Image Analysis with Azure AI Vision
Welcome to the Blazor Simple AI Single Page App, Part 2 of the Microsoft AI services journey, which now includes image analysis utilising Microsoft Azure AI Vision. The Vision Read API is used to extract the text from an image. This document explains the project in my GitHub repository which is available here: https://github.com/tejinderrai/public/tree/main/BlazorSimpleAI.
If you would like to download both part 1 and part 2 as a PDF document, you can download the PDF here.
Since part 1, the following nuget packages have been added to the project.
Azure AI Vision Image Analysis – for reading text and metadata from images.

Radzen Blazor – for providing an amazing UI experience.
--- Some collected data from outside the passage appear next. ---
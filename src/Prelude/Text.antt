-- ===== src/Prelude/Text.antt =====
-- Texts: joining, decimal output, and the ordered sets and the maps of texts that the compiler
-- keeps (`BTreeSet<String>`, `HashMap<String, V>`).
use Prim.Native.Nat.{ℕ, zero, suc, ◌/◌, ◌%◌}
use Prim.Native.String
use Prim.Native.String.{String, compare}
use mathlib.Core.Path.{◌≡◌, refl}
use mathlib.Core.Bool.{Bool, false, ◌||◌, ◌&&◌, not}
use mathlib.Core.List.{List, [], ◌∷◌}
use mathlib.Core.Option.{Option, none, some}
use native.Mathlib.Omega.{arith}
use text.Mathlib.Text.{◌==◌ as str_eq, is_lt}
use text.Mathlib.TextEquality.{eq_iff}
use tired.Prelude.Tests.{ltb, ◌==◌, if◌then◌else◌}

-- The parts of a `format!` in a row.
unfoldable pub concat : List String → String
concat [] = ""
concat (s ∷ ss) = String.◌++◌ s (concat ss)

-- `[String]::join`
unfoldable pub join : String → List String → String
join sep [] = ""
join sep (s ∷ []) = s
join sep (s ∷ t ∷ ss) = String.◌++◌ s (String.◌++◌ sep (join sep (t ∷ ss)))

digit : ℕ → String
digit d =
    if d == 0
    then "0"
    else if d == 1
    then "1"
    else if d == 2
    then "2"
    else if d == 3
    then "3"
    else if d == 4
    then "4"
    else if d == 5
    then "5"
    else if d == 6
    then "6"
    else if d == 7
    then "7"
    else if d == 8
    then "8"
    else "9"

show_digits : ℕ → ℕ → String
unfolding digit
show_digits zero n = ""
show_digits (suc fuel) n =
    let rest = String.◌++◌ (show_digits fuel (n / 10)) (digit (n % 10)) in
    if ltb n 10 then digit n else rest

-- `usize::to_string`; a number has fewer digits than its successor counts.
unfoldable pub show_nat : ℕ → String
unfolding show_digits
show_nat n = show_digits (suc n) n

-- `BTreeSet::contains`
abbrev pub contains : String → List String → Bool
contains x [] = false
contains x (y ∷ s) = str_eq y x || contains x s

-- `BTreeSet::insert`
unfoldable pub insert : String → List String → List String
insert x [] = x ∷ []
insert x (y ∷ s) =
    if str_eq y x then y ∷ s else if is_lt (compare x y) then x ∷ y ∷ s else y ∷ insert x s

-- `BTreeSet::remove`
unfoldable pub remove : String → List String → List String
remove x [] = []
remove x (y ∷ s) = let rest = remove x s in if str_eq y x then rest else y ∷ rest

-- `BTreeSet::extend`, and the removal of each text of a list.
unfoldable pub insert_all : List String → List String → List String
insert_all [] s = s
insert_all (x ∷ xs) s = insert_all xs (insert x s)

unfoldable pub remove_all : List String → List String → List String
remove_all [] s = s
remove_all (x ∷ xs) s = remove_all xs (remove x s)

pub contains-insert :
    (x y : String) (s : List String) → contains y (insert x s) ≡ str_eq x y || contains y s
unfolding insert
contains-insert x y [] = refl
contains-insert x y (z ∷ s) =
    ground (arith, eq_iff z x, eq_iff z y, eq_iff x y, contains-insert x y s)

pub contains-remove :
    (x y : String) (s : List String) → contains y (remove x s) ≡ not (str_eq x y) && contains y s
unfolding remove
contains-remove x y [] = ground arith
contains-remove x y (z ∷ s) =
    ground (arith, eq_iff z x, eq_iff z y, eq_iff x y, contains-remove x y s)

pub contains-insert_all :
    (xs : List String) (y : String) (s : List String)
    → contains y (insert_all xs s) ≡ contains y xs || contains y s
unfolding insert_all
contains-insert_all [] y s = refl
contains-insert_all (x ∷ xs) y s =
    ground (arith, contains-insert_all xs y (insert x s), contains-insert x y s)

pub contains-remove_all :
    (xs : List String) (y : String) (s : List String)
    → contains y (remove_all xs s) ≡ not (contains y xs) && contains y s
unfolding remove_all
contains-remove_all [] y s = ground arith
contains-remove_all (x ∷ xs) y s =
    ground (arith, contains-remove_all xs y (remove x s), contains-remove x y s)

-- `Vec<String>::sort`, which keeps repetitions.
insert_sorted : String → List String → List String
insert_sorted x [] = x ∷ []
insert_sorted x (y ∷ s) = if is_lt (compare y x) then y ∷ insert_sorted x s else x ∷ y ∷ s

unfoldable pub sort : List String → List String
unfolding insert_sorted
sort [] = []
sort (x ∷ xs) = insert_sorted x (sort xs)

-- A map as an association list with the newest entry first.
abbrev pub lookup {ℓ} : {V : Type ℓ} → String → List (String × V) → Option V
lookup k [] = none
lookup k ((j, v) ∷ m) = if str_eq j k then some v else lookup k m

show_nat_test : show_nat 1203 ≡ "1203"
unfolding show_nat
show_nat_test = refl

set_test : insert "b" (insert "a" (insert "b" [])) ≡ "a" ∷ "b" ∷ []
unfolding insert
set_test = refl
Azure Storage Blob – for handling interactions with Azure Blob Storage.

Visual Changes
I have made some appealing improvements from the basic Blazor template and styled the UI based on a project from Martin Mogusu available here: GitHub – martinmogusu/blazor-top-navbar: A top navbar example created in blazor. This saved me a lot of time and all I had to do was apply my own visual styles after the top navigation was applied to the project in shared/NavMenu.razor. In addition, I had added a pre-built model for interactive Invoice Analysis and processing, which I will leave the full explanation until Part 3 of this post.
Components
Three components have been developed for the image analysis. These are as follows:
- Vision.razor – The Image Analysis page
- VisionBlobLoader.razor– This includes the capability to upload files to Azure blob storage, which also sets the content type for the blob file.
- VisionBlobFileList.razor – This is a child component embedded into the VisionBlobLoader component, which lists the image files that have been uploaded to Azure blob storage.
Learn about Microsoft AI Vision
To learn more about the capabilities of Microsoft AI Vision, see What is Azure AI Vision? – Azure AI services | Microsoft Learn. Azure AI Vision includes more analysis capabilities, not just specifically image files.
Configuration Settings Changes
The following configuration settings were added to appsettings.json.
“AzureVsionConfig”: {
“AzureAIVisionEndpoint”: “https://%5BYour AI Vision Service].cognitiveservices.azure.com/”,
“AzureAIVisionKeyCredential”: “[AI Vision Service Key]”
},
“AzureStorageConfig”: {
“AzureStorageConnectionString”: “[Your Storage Account Connection String”,
“AzureStorageContainer”: “[Your Storage Account Container]”,
“AzureStorageAccountName”: “[Your Storage Account Name]”,
“AzureStorageAccountKey”: “Your Storage Account Key”
},
Note: Whist this project utilises the service key, in an enterprise environment, you must consider using token based access to the service secured by Microsoft Entra ID, or if you wish to utilise the service key for any reason, utilise Azure Key Vault to protect the key used by the application with a managed identity for the application to access the service key stored in Azure Key Vault.
Components
File Upload Component (VisionBlobLoader)
The file upload component utilises Blazor InputFile for the user to select the file to upload in the application. The component reads the Azure Storage connection string from the configuration, including the container, then uploads the file to the container and also adds a blob http header for the file content type taken from the file properties. The Radzen notification service is used to notify the user of the application activities. I also included a basic spinner as part of the interaction for the upload process.
Blob List Component (VisionBlobFileList.razor)
This component reads the Azure Storage connection string from the configuration, including the container, then displays the blob file names in a Radzen DataGrid. A button is added to Analyse the image, which then calls the Radzen notification service to display the activities being taken by the application.
Data Classes
Two data classes have been created as follows:
- AzureBlobFile.cs – Azure blob file properties
- ImageDetails.cs – Image details for extraction from the AI Vision Analysis
The UI
The UI is as follows. Notice the menu control has now changed since Part 1. Invoice Analysis will be formed in Part 3, at the time of writing this blog post, I had already uploaded the code to my GitHub repo.
Home page (Chat)

Image Analysis

Upload File Control

Upload Action Spinner

Radzen Blazor File Uploaded Notification

Process Button
The process button read the application configuration for the Azure AI Vision endpoint and service key, then retrieves a SAS token from Azure for the blob being processed and a URL is generated with the generated SAS token, then this is submitted to Azure AI Vision with the generated URL. The SAS token is generated by the async method CreateServiceSASBlob(string BlobName) in the component class. Whilst the method can be defined as a utility class, I have composed this for easier reading of code.
Image Analysis Dialog
When the image processing has completed, a Radzen notification is displayed to the user, with a Radzen dialog popping up to show basic metadata (height and width) of the image, including the text the AI Vision service has extracted as well as the image itself.

That is AI Vision and Image Analysis wrapped up.
Part 3 will focus on processing invoices using the pre-built AI model “prebuilt-invoice” part of Microsoft Azure AI Document Intelligence and creating output files for further processing.